Material and methods

Patient population and treatment

Between April 2016 and June 2018, a total of 163 patients with biopsy-confirmed locally advanced cervical cancer received EBRT and computed tomography (CT)- or magnetic resonance imaging (MRI)-based adaptive BT. Of these, 44 patients were excluded for the following reasons: incomplete information (n = 3), recurrent tumors (n = 24), previous BT (n = 13), or incomplete treatment (n = 4). A total of 119 patients (median age, 53 years; range, 30-79 years) were retrospectively analyzed in the study. Patients and treatments characteristics are shown in Table 1.

EBRT and BT procedure

For EBRT, the median fraction dose was 1.8 Gy (range, 1.8-2.0 Gy), and the median total dose was 45 Gy (range, 42-50.4 Gy). For high-dose-rate (HDR) BT, the nominal prescribed dose was 28 Gy in 4 fractions, separated by one week. Utrecht interstitial Fletcher CT/MR applicator, interstitial ring CT/MR applicator, multichannel cylinder applicator, and 3D-printed template were selected to fit the morphology and topography of the tumor [15,16,17]. MicroSelectron (v.3, Nucletron, Veenendaal, The Netherlands) HDR afterloading system was used for the patients’ treatment. Oncentra (v.4.3, Nucletron, Veenendaal, The Netherlands) treatment planning system was applied to produce and optimize the treatment plan.

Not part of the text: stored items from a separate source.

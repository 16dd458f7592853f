-- ===== src/Transactions/History.antt =====
-- The timeline against the status: in every world that transactions.service.ts can leave, the timeline
-- of a transaction is a walk through the state machine from DRAFT to the status of its row.
use mathlib.Core.Bool.{false≢true}
use meduman_backend.Prelude.{
  Bool-cases, All, ◌===◌, ◌≤◌, String, ◌≡◌, refl, sym, ap, ◌∙◌, subst, inl, inr, Bool, true, false,
  List, [], ◌∷◌, arith, eq_iff,
}
use meduman_backend.Store.Enums.{TransactionStatus, same_status_refl, same_status→eq}
use meduman_backend.Store.Rows.{Transaction, TimelineEvent}
use meduman_backend.Store.World.{World}
use meduman_backend.Store.Table.{
  find_many, count, find_first-where, count-update_many, All-update_many, All-zip, unique_row,
}
use meduman_backend.Store.Action.{world_after, result_of, Result-cases}
use meduman_backend.Machine.{TransactionEvent, TransactionContext, accept, transition}
use meduman_backend.Transactions.{
  ApplyTransitionInput, has_id, freezes, context_of, in_state, move_to, timeline_row, apply,
}
use meduman_backend.Transactions.Apply.{apply_error_unchanged, Applied, apply-Applied}

-- The timeline of one transaction, newest first.
abbrev is_of : String → TimelineEvent → Bool
is_of id ev = ev.transaction_id === id

abbrev pub events_of : String → World → List TimelineEvent
events_of id w = find_many (is_of id) w.timeline

-- The machine has an event, and a context, that takes one status to the other.
abbrev pub Allowed : TransactionStatus → TransactionStatus → Type 0
Allowed s t = (e : TransactionEvent) × (c : TransactionContext) × (transition s e c ≡ accept t)

-- A timeline that starts at DRAFT and ends at the status, each row an allowed step from the row before.
abbrev pub Walk : List TimelineEvent → TransactionStatus → Type 0
Walk [] s = s ≡ TransactionStatus.draft
Walk (ev ∷ evs) s = (ev.new_state ≡ s) × Allowed ev.old_state ev.new_state × Walk evs ev.old_state

-- Ids are unique, and every status is the end of the walk that the timeline records.
pub record IsConsistent (w : World) : Type 0 where
  pub unique : (id : String) → count (has_id id) w.transactions ≤ 1
  pub recorded : All (λ tx. Walk (events_of tx.id w) tx.status) w.transactions

same_text→eq : (a b : String) → (a === b) ≡ true → a ≡ b
same_text→eq a b h = (eq_iff a b).0 h

module _ (input : ApplyTransitionInput) (w : World) (row : Transaction) (w' : World)
    (done : Applied input w row w') (before : IsConsistent w) where
  open done use {tx, next_state, found, allowed}

  timeline-grows :
      w'.timeline ≡ timeline_row input tx next_state (w.uuid w.drawn) w.now ∷ w.timeline
  timeline-grows = let (o, d, j, e) = done.written in ap (λ (v : World). v.timeline) e

  -- The row that moved: its timeline is longer by the step that the machine allowed.
  moved-Walk :
      (a : Transaction)
      → in_state input.transaction_id tx.status a ≡ true
      → Walk (events_of a.id w) a.status
      → Walk (events_of a.id w') next_state
  unfolding find_many timeline_row
  moved-Walk a h walk =
      let same : (input.transaction_id === a.id) ≡ true =
        (eq_iff input.transaction_id a.id).1
          (sym (same_text→eq a.id input.transaction_id (ground arith))) in
      let status : a.status ≡ tx.status = same_status→eq a.status tx.status (ground arith) in
      rw timeline-grows (
        rw same
          (refl, (input.event, context, allowed), subst (Walk (events_of a.id w)) status walk))
    where
      context : TransactionContext
      context = context_of input tx (find_many (freezes input.transaction_id) w.disputes)

  -- Any other row: its timeline is as it was.
  still-Walk :
      (a : Transaction)
      → in_state input.transaction_id tx.status a ≡ false
      → (Walk (events_of a.id w) a.status) × (has_id input.transaction_id a ≡ true → a ≡ tx)
      → Walk (events_of a.id w') a.status
  unfolding find_many timeline_row
  still-Walk a h (walk, only) = elim (Bool-cases (input.transaction_id === a.id)) [
    | inl same ↦ absurd (not_tx (only (a_has_id same)))
    | inr other_id ↦ rw timeline-grows (rw other_id walk)
  ]
    where
      a_has_id : (input.transaction_id === a.id) ≡ true → has_id input.transaction_id a ≡ true
      a_has_id same =
          (eq_iff a.id input.transaction_id).1 (sym (same_text→eq input.transaction_id a.id same))

      tx_in_state : in_state input.transaction_id tx.status tx ≡ true
      tx_in_state = ground (
        arith,
        find_first-where (has_id input.transaction_id) w.transactions found,
        same_status_refl tx.status,
      )

      not_tx : a ≡ tx → ⊥
      not_tx e = false≢true (sym h ∙ ap (in_state input.transaction_id tx.status) e ∙ tx_in_state)

  after-IsConsistent : IsConsistent w'
  after-IsConsistent =
      let (o, d, j, e) = done.written in
      record {
        unique = λ id. rw (ap (λ (v : World). v.transactions) e) (
            rw
              (count-update_many (has_id id) (in_state input.transaction_id tx.status)
                (move_to next_state) w.transactions (λ a. refl))
              (before.unique id));
        recorded = rw (ap (λ (v : World). v.transactions) e) (
            All-update_many
              (λ a.
                Walk (events_of a.id w) a.status × (has_id input.transaction_id a ≡ true → a ≡ tx))
              (λ a. Walk (events_of a.id w') a.status) (in_state input.transaction_id tx.status)
              (move_to next_state) w.transactions (λ a hit p. moved-Walk a hit p.0)
              (λ a miss p. still-Walk a miss p)
              (All-zip (λ a. Walk (events_of a.id w) a.status)
                (λ a. has_id input.transaction_id a ≡ true → a ≡ tx) w.transactions before.recorded
                (unique_row (has_id input.transaction_id) w.transactions
                  (before.unique input.transaction_id) found)));
      }

-- A request to the service, whether it returns or throws, keeps ids unique and keeps every
-- transaction's timeline a walk of allowed steps from DRAFT to the status in its row.
pub apply-IsConsistent :
    (input : ApplyTransitionInput) (w : World)
    → IsConsistent w
    → IsConsistent (world_after (apply input) w)
apply-IsConsistent input w before = elim (Result-cases (result_of (apply input) w)) [
  | inl (row, e) ↦
      after-IsConsistent input w row (world_after (apply input) w) (apply-Applied input w row e)
        before
  | inr (e, threw) ↦ rw (apply_error_unchanged input w e threw) before
]

-- Requests one after another.
abbrev pub apply_all : List ApplyTransitionInput → World → World
apply_all [] w = w
apply_all (input ∷ inputs) w = apply_all inputs (world_after (apply input) w)

-- Whatever the requests and their order, the timeline still explains every status.
pub apply_all-IsConsistent :
    (inputs : List ApplyTransitionInput) (w : World)
    → IsConsistent w
    → IsConsistent (apply_all inputs w)
apply_all-IsConsistent [] w before = before
apply_all-IsConsistent (input ∷ inputs) w before =
    apply_all-IsConsistent inputs (world_after (apply input) w) (apply-IsConsistent input w before)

The total dose for combined EBRT and BT was normalized to EQD2 using α/β = 10 Gy for tumor tissue and α/β = 3 Gy for normal tissue. The planning aims dose (soft constraints) and limits dose (hard constraints) together constituted two levels for dose constraint. The planning aim dose (total EBRT and BT) for HR-CTV and IR-CTV was D90 ≥ 85 GyEQD2,10 and 65 GyEQD2,10, respectively, whereas planning aim dose for OARs was D2cc < 70 GyEQD2,3 for rectum, sigmoid, and bowel and < 85 GyEQD2,3 for bladder. The limit dose for HR-CTV and IR-CTV was D90 ≥ 80 GyEQD2,10 and 60 GyEQD2,10, respectively, whereas limit dose for OARs was D2cc < 75 GyEQD2,3 for rectum, sigmoid, and bowel and < 90 GyEQD2,3 for bladder.
In order to evaluate the treatment plan and balance the doses between targets and OARs, we compiled an Excel form for each patient, called “patient’s Excel form”. When a DVH parameter is entered, it automatically calculates and accumulates EQD2 from EBRT and BT. To quickly obtain the relevant DVH parameters from the treatment planning system and complete the patient’s Excel form, we created an in-house designed application, which was composed of three files. The main program was compiled by Visual Basic (version 6.0, Microsoft, USA). Another file was GetWindowText.exe (version 3.06, Freeware), free for downloading from the Internet. The third file was an Excel form (named “calculation Excel form”) called by the main program, which runs in the background to avoid confusion with the patient’s Excel form. It uses an Excel function (LOOKUP) to automatically search the data required by the patient’s Excel form, such as HR-CTV D90, IR-CTV D90, D2cc for OARs, and other DVH parameters of interest. Data flow of this in-house designed application is shown in Figure 1.
In the first n fractions (n = 1-3), to predict the total EQD2 at the nth BT (TEPBn), we assumed that the dose of subsequent fraction(s) would be the same as that of current nth fraction and dose, until the previous fraction was summed up. The actual cumulative EQD2 (ACEQD2) was obtained at the fourth BT. For each BT, the fraction dose was controlled with TEPBn or ACEQD2 from the Excel form based on the automatic calculation of EQD2. There were two ways to address the contradiction between target dose and dose to OARs: to meet the dose requirements of target volumes and increase the dose constraints of OARs, or to meet the dose constraints of OARs and lower the dose to the target, leading to an insufficient dose. The choice or compromise depends on whether the target dose can be increased or the dose to OARs can be decreased in the subsequent fraction(s). It is an effective way to increase the target dose and/or decrease the dose to OAR by adjusting the type of applicator or increasing the number of interstitial needles. For patients with high-risk factors, the target doses should be increased under the premise of a controllable dose to OARs to achieve better clinical outcomes. All the patients in this retrospective analysis read and wrote DVH parameters to patients’ Excel forms with the in-house designed application. TEPBn was used to predict ACEQD2, to balance the doses between targets and OARs, and to decide whether to increase the number of implantation needles or change the applicator. The data in this retrospective analysis were all from the actual delivered plan without any changes.

Statistical analysis

Receiver operating characteristic (ROC) curves were created to choose the optimal cut-off dose for predicting whether ACEQD2 met the planning aim dose. Boxplots of TEPBn and ACEQD2 (Figures 2-4) were generated using SPSS (version 23.0, IBM, USA) software. The volumes of HR-CTV and IR-CTV were compared between any two adjacent fractions, using two-tailed paired t-test. A p-value ≤ 0.05 was considered statistically significant.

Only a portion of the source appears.